Is there a data sheet on LG Chem N2.1 60ah cells? looking..
 

GXMnow

Photon Sorcerer
Yes, you are reading that right. With my 6P setup, I could charge at up to 360 amps, and discharge at up to 1,080 amps. That is way beyond anything I will ever be able to do with my inverter. In our use, these cells will be coasting.
 

GXMnow

Photon Sorcerer
In the Chevy Bolt, the total pack is 96S 3P and it can crank out 200 HP to the front tires. At 100% efficiency, 1 HP is 746 watts. 746 x 200 = 149,200 watts. We can round that to 150 KW. (150,000/3)/96 = 520 watts out of each single cell. @ 3.7 volts, that is 140 amps. That is running a 2.33C rate or higher to make the performance that Chevy publishes. EV batteries are crazy powerful. Even though the normal charging is much slower, the regen brakes can stuff energy back in to the batteries at 70 KW. That is close to 1C.
 

Mart Hale

Solar Enthusiast
In the Chevy Bolt, the total pack is 96S 3P and it can crank out 200 HP to the front tires. At 100% efficiency, 1 HP is 746 watts. 746 x 200 = 149,200 watts. We can round that to 150 KW. (150,000/3)/96 = 520 watts out of each single cell. @ 3.7 volts, that is 140 amps. That is running a 2.33C rate or higher to make the performance that Chevy publishes. EV batteries are crazy powerful. Even though the normal charging is much slower, the regen brakes can stuff energy back in to the batteries at 70 KW. That is close to 1C.

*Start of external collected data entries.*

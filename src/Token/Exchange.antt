-- ===== src/Token/Exchange.antt =====
-- Exchange: the grant type picks the grant.
pub mod Dispatch
use sienne.Base.{
  ℕ, zero, suc, ◌+◌, ◌-◌, ◌*◌, ◌/◌, ◌%◌, ◌^◌, ◌≤◌, ◌<◌, String, ◌≡◌, refl, sym, ap, subst, ◌∙◌, ◌≢◌,
  ◌↔◌, ◌⊎◌, inl, inr, Bool, true, false, not, ◌&&◌, ◌||◌, Option, none, some, List, [], ◌∷◌, ◌++◌,
  map, arith, ◌==◌, eq_iff, eq_refl, ltb, leb, nat_eq, nat_eq_iff, if◌then◌else◌, Bool-cases,
  Option-cases, length, length-append, All, All-append, Any,
}
use sienne.Base.Exec.{
  caught, Fault, no_rows, other, Result, ok, err, fault, Exec, Port, pure, fail, raise, call,
  always, ignore, guard, require, ◌>>=◌, ◌>>◌,
}
use sienne.Base.Int.{
  ℤ, pos, negsuc, pos_part, neg_part, sub_ℕ, ◌+ℤ◌, ◌-ℤ◌, ◌*ℤ◌, ◌<ℤ◌, ltb_ℤ, eqb_ℤ, ltb_ℤ_iff,
  eqb_ℤ_iff, nanos_per_second, seconds, unix, whole_seconds, +ℤ_parts,
}
use sienne.Base.Text.{trim_space, to_lower, to_upper, join, is_blank, trim_space_idem}
use sienne.Domain.{
  active_client, active_client-eq-some, zero_time, Client, Session, AuthorizationCode, User,
  AccessToken, RefreshToken,
}
use sienne.Ports.{
  SessionCacheEntry, SessionCache, ReplayStatus, replay_none, replay_grace, replay_rejected,
  TokenResponse, ReplayResult, AccessTokenEntry, RefreshTokenEntry, TokenCache, DeviceCodeEntry,
  DeviceCodes, Clients, Sessions, Consents, AuthorizationCodes, Users, Tokens, Clock, Json, Strconv,
  Passwords, Claim, text, texts, number, flag, Signer, Digest,
}
use sienne.Scopes.{contains, normalize_from, normalize_scopes, allowed_set, each_in, all_contained}
use sienne.Token.{
  Err, unsupported_grant_type, invalid_client, invalid_scope, invalid_code, invalid_redirect_uri,
  invalid_code_verifier, invalid_refresh_token, invalid_user_credentials, invalid_device_code,
  authorization_pending, slow_down, access_denied, Input, Answer, Service,
  refresh_token_grace_period, grant_authorization_code, grant_refresh_token,
  grant_client_credentials, grant_password, grant_device_code, verifies, validate_client_secret,
  validate_code_verifier, must_decode_scope_json, should_issue_refresh_token, int64_string_ptr,
  granted_scopes, answer_of_response, find_client, check_secret, access_claims, access_model,
  mint_access, refresh_model, refresh_entry, new_refresh_token, add_refresh,
  issue_user_grant_tokens,
}
use sienne.Token.Code.{exchange_authorization_code}
use sienne.Token.Refresh.{exchange_refresh_token}
use sienne.Token.Grants.{exchange_client_credentials, exchange_password, exchange_device_code}

unfoldable pub exchange : {W : Type 0} → Service W → Input → Exec W Err Answer
unfolding exchange_authorization_code exchange_refresh_token exchange_client_credentials
    exchange_password exchange_device_code
exchange s input =
    if input.grant_type == grant_authorization_code
    then exchange_authorization_code s input
    else if input.grant_type == grant_refresh_token
    then exchange_refresh_token s input
    else if input.grant_type == grant_client_credentials
    then exchange_client_credentials s input
    else if input.grant_type == grant_password
    then exchange_password s input
    else if input.grant_type == grant_device_code
    then exchange_device_code s input
    else fail unsupported_grant_type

Yes we are using a semi as a pickup truck. Being loaded this light it should last, and last and last....
 

GXMnow

Photon Sorcerer
The only real issue is the cycling. Even at light current, and not going to full to empty, NMC cells are not the best for many many cycles. In an electric car, they don't recommend charging back up every day. But you do have to wonder with regen events and such, we should still get more life. I hope for 5 or 6 years, if I get 10 I will be crazy happy. If something great comes along sooner, I might upgrade. But for the price of these, I couldn't pass it up.
 

Mart Hale

Solar Enthusiast
Yes. the price and being brand new is what forced me forward, I took a gamble and now I have solar powered AC. I have shut off the main power to my home, turning on only to run my dryer. I am seriously thinking of shutting off the mains, and using a generator to power my clothes dryer, Then put that 30$ a month electric bill toward the next battery system. In 5 years that would be 1,800$ With new tech that should be a whopper of a new battery. Going from 5 KWH to 23 KWH has been life changing for me. I want to take the money I am saving and apply it toward the next system.